Hans Werner Henze (1926-2012) a recours aux sections contrastées qui cadencent la messe des mort mais, en bon marxiste, entend conjurer toute transcendance («Le Paradis est ici, ou devrait l’être, et non pas plus tard, où il ne se passe plus rien»): aussi la liturgie se voit-elle indexée sur l’échelle de la nature (Lux aeterna traduit moins la lumière divine que celle des phénomènes naturels perçus par une conscience) et de l’humain, à travers ses souffrances (Dies irae, Rex tremendae, Tuba mirum, Lacrimosa) et ses aspirations (Ave verum, Agnus Dei, Sanctus). A la table de travail du compositeur s’invitent les démons d’autrefois (la Marche de Badenweiler qu’Hitler adorait, les souvenirs douloureux liés à la guerre du Vietnam) et ceux du moment (première guerre du Golfe) qui, passés au tamis d’un dodécaphonisme souple et d’une poétique ouverte, trouvent une traduction musicale explicite et porteuse d’émotion.

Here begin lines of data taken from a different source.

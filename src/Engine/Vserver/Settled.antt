-- ===== src/Engine/Vserver/Settled.antt =====
-- When the state of a vserver is settled: every address, service and destination is up exactly if it
-- should be.
use seesaw.Base.{
  ℕ, ◌≡◌, refl, ◌∙◌, ◌⊎◌, inl, inr, ==_iff, Bool, true, false, ◌&&◌, List, [], ◌∷◌, All, arith,
  ◌==◌, Bool-cases,
}
use seesaw.Engine.Vserver.Data.{Destination, Service, IpvsService, Env}
use seesaw.Engine.Vserver.Service.{
  update_dest, update_dest_list, update_dests, service_up, service_down,
}
use seesaw.Engine.Vserver.State.{
  Vserver, is_active, vserver_health, update_service, update_service_list,
}

-- Each destination is up exactly if its service is up and it is healthy.
abbrev pub AreDestsSettled : Bool → List Destination → Type 0
AreDestsSettled up = All (λ d. d.active ≡ (up && d.healthy))

abbrev pub IsServiceSettled : Vserver → Service → Type 0
IsServiceSettled v s =
    (s.active ≡ (is_active v s.vip && s.healthy)) × AreDestsSettled s.active s.dests

pub record IsSettled (env : Env) (v : Vserver) : Type 0 where
  pub addresses : (ip : ℕ) → is_active v ip ≡ vserver_health env ip false v.services
  pub services : All (IsServiceSettled v) v.services

update_dest_settles :
    (svc : IpvsService) (up : Bool) (d : Destination)
    → ((update_dest svc up d).0.active ≡ (up && d.healthy))
      × ((update_dest svc up d).0.healthy ≡ d.healthy)
unfolding update_dest
update_dest_settles svc up d = ground arith

pub update_dest_list-AreDestsSettled :
    (svc : IpvsService) (up : Bool) (ds : List Destination)
    → AreDestsSettled up (update_dest_list svc up ds).0
unfolding update_dest_list
update_dest_list-AreDestsSettled svc up [] = tt
update_dest_list-AreDestsSettled svc up (d ∷ ds) =
    (ground (arith, update_dest_settles svc up d), update_dest_list-AreDestsSettled svc up ds)

-- Before a service is settled: with the service down, no destination is up.
abbrev pub AreBelow : Bool → List Destination → Type 0
AreBelow up = All (λ d. up ≡ false → d.active ≡ false)

pub AreBelow-AreDestsSettled :
    (ds : List Destination) → AreBelow false ds → AreDestsSettled false ds
AreBelow-AreDestsSettled [] h = tt
AreBelow-AreDestsSettled (d ∷ ds) h = (h.0 refl, AreBelow-AreDestsSettled ds h.1)

pub AreDestsSettled-AreBelow :
    (up : Bool) (ds : List Destination) → AreDestsSettled up ds → AreBelow up ds
AreDestsSettled-AreBelow up [] h = tt
AreDestsSettled-AreBelow up (d ∷ ds) h =
    ((λ e. ground (arith, h.0)), AreDestsSettled-AreBelow up ds h.1)

-- A service that `updateServices` settles: its destinations are settled if it is to stay up.
abbrev pub IsReady : Service → Type 0
IsReady s =
    AreBelow s.active s.dests × ((s.active && s.healthy) ≡ true → AreDestsSettled s.active s.dests)

pub service_up_settles :
    (s : Service) → ((service_up s).0.active ≡ true) × AreDestsSettled true (service_up s).0.dests
unfolding service_up update_dests
service_up_settles s = (refl, update_dest_list-AreDestsSettled s.ipvs_svc true s.dests)

pub service_down_settles :
    (s : Service)
    → ((service_down s).0.active ≡ false) × AreDestsSettled false (service_down s).0.dests
unfolding service_down update_dests
service_down_settles s = (refl, update_dest_list-AreDestsSettled s.ipvs_svc false s.dests)

update_service_cases :
    (up : Bool) (ip : ℕ) (s : Service)
    → (s.vip == ip) ≡ true
    → let s' = (update_service up ip s).0 in
      (((s' ≡ (service_down s).0) × ((up && s.healthy) ≡ false))
        ⊎ ((s' ≡ (service_up s).0) × ((up && s.healthy) ≡ true)))
      ⊎ ((s' ≡ s) × (s.active ≡ (up && s.healthy)))
unfolding update_service
update_service_cases up ip s at = ground arith

pub IsReady-AreDestsSettled :
    (s : Service) → IsReady s → s.active ≡ s.active && s.healthy → AreDestsSettled s.active s.dests
IsReady-AreDestsSettled s r e = elim (Bool-cases s.active) [
  | inl up ↦ r.1 (ground arith)
  | inr down ↦ rw down (AreBelow-AreDestsSettled s.dests (rw down at r.0))
]

update_service_settles :
    (up : Bool) (ip : ℕ) (s : Service)
    → IsReady s
    → (s.vip == ip) ≡ true
    → let s' = (update_service up ip s).0 in
      (s'.active ≡ (up && s.healthy)) × AreDestsSettled s'.active s'.dests
update_service_settles up ip s r at = elim (update_service_cases up ip s at) [
  | inl (inl (e, off)) ↦ rw (e, (service_down_settles s).0, off) (refl, (service_down_settles s).1)
  | inl (inr (e, on)) ↦ rw (e, (service_up_settles s).0, on) (refl, (service_up_settles s).1)
  | inr (e, kept) ↦ rw e (kept, IsReady-AreDestsSettled s r (ground arith))
]

update_service_keeps :
    (up : Bool) (ip : ℕ) (s : Service)
    → ((update_service up ip s).0.vip ≡ s.vip) × ((update_service up ip s).0.healthy ≡ s.healthy)
unfolding update_service service_up service_down update_dests
update_service_keeps up ip s = (ground arith, ground arith)

update_service_other :
    (up : Bool) (ip : ℕ) (s : Service) → (s.vip == ip) ≡ false → (update_service up ip s).0 ≡ s
unfolding update_service
update_service_other up ip s h = ground arith

-- The health of an address reads only the address and the health of each service.
pub vserver_health-update_service_list :
    (env : Env) (j : ℕ) (h up : Bool) (ip : ℕ) (ss : List Service)
    → vserver_health env j h (update_service_list up ip ss).0 ≡ vserver_health env j h ss
unfolding vserver_health update_service_list
vserver_health-update_service_list env j h up ip [] = refl
vserver_health-update_service_list env j h up ip (s ∷ ss) = ground (
  arith,
  update_service_keeps up ip s,
  vserver_health-update_service_list env j h up ip ss,
  vserver_health-update_service_list env j true up ip ss,
  vserver_health-update_service_list env j false up ip ss,
)

-- What holds of a service before `updateServices` runs for `ip`, with `after` its vserver afterwards.
abbrev pub IsPending : Vserver → ℕ → Service → Type 0
IsPending after ip s = IsReady s × ((s.vip == ip) ≡ false → IsServiceSettled after s)

pub update_service_list_settles :
    (after : Vserver) (up : Bool) (ip : ℕ) (ss : List Service)
    → is_active after ip ≡ up
    → All (IsPending after ip) ss
    → All (IsServiceSettled after) (update_service_list up ip ss).0
unfolding update_service_list
update_service_list_settles after up ip [] flag h = tt
update_service_list_settles after up ip (s ∷ ss) flag h = (
  elim (Bool-cases (s.vip == ip)) [
    | inl at ↦
        let (active, dests) = update_service_settles up ip s h.0.0 at in
        let (vip, healthy) = update_service_keeps up ip s in
        let here : s.vip ≡ ip = (==_iff s.vip ip).0 at in
        (active ∙ rw (vip, healthy, here, flag) refl, dests)
    | inr other ↦ rw (update_service_other up ip s other) (h.0.1 other)
  ],
  update_service_list_settles after up ip ss flag h.1,
)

Matthias Pintscher n’a jamais caché son admiration pour la musique de Henze, admiration qu’il partage avec l’un de ses maîtres: Manfred Trojahn. Sa direction impliquée illumine les sensations les plus fugaces de l’Ave verum, où transite le spectre de Mozart, et du Lux aeterna (véritable étude sur l’évanescence) mais sait aussi se montrer véhémente, voire expressionniste dans le Dies irae et ses climax sans cesse avortés, la marche apocalyptique du Rex tremendae et les ostinatos (volontairement) abrutissants du Tuba mirum.


Remplaçant au pied levé Dimitri Vassilakis, Sébastien Vichard semble plus à son aise dans l’écriture compacte d’obédience brahmsienne que dans les effluves debussystes entre lesquelles oscille, au sein d’une même phrase musicale, la partie de piano. Clément Saunier impressionne dans les trois mouvements qui sollicitent une trompette concertante par sa faculté à faire chanter son instrument – jusque dans les dynamiques les plus faibles – à la manière d’un spiritual. Les membres de l’EIC jouent comme un seul homme une partition à la polyphonie dense et riche en mélodies.


Applaudissements nourris et bien mérités une fois éteintes les dernières notes du Sanctus (avec deux trompettes solo supplémentaires disposées au premier balcon), dont le ton hymnique annonce le deuxième mouvement de l’ultime Dixième Symphonie (2010).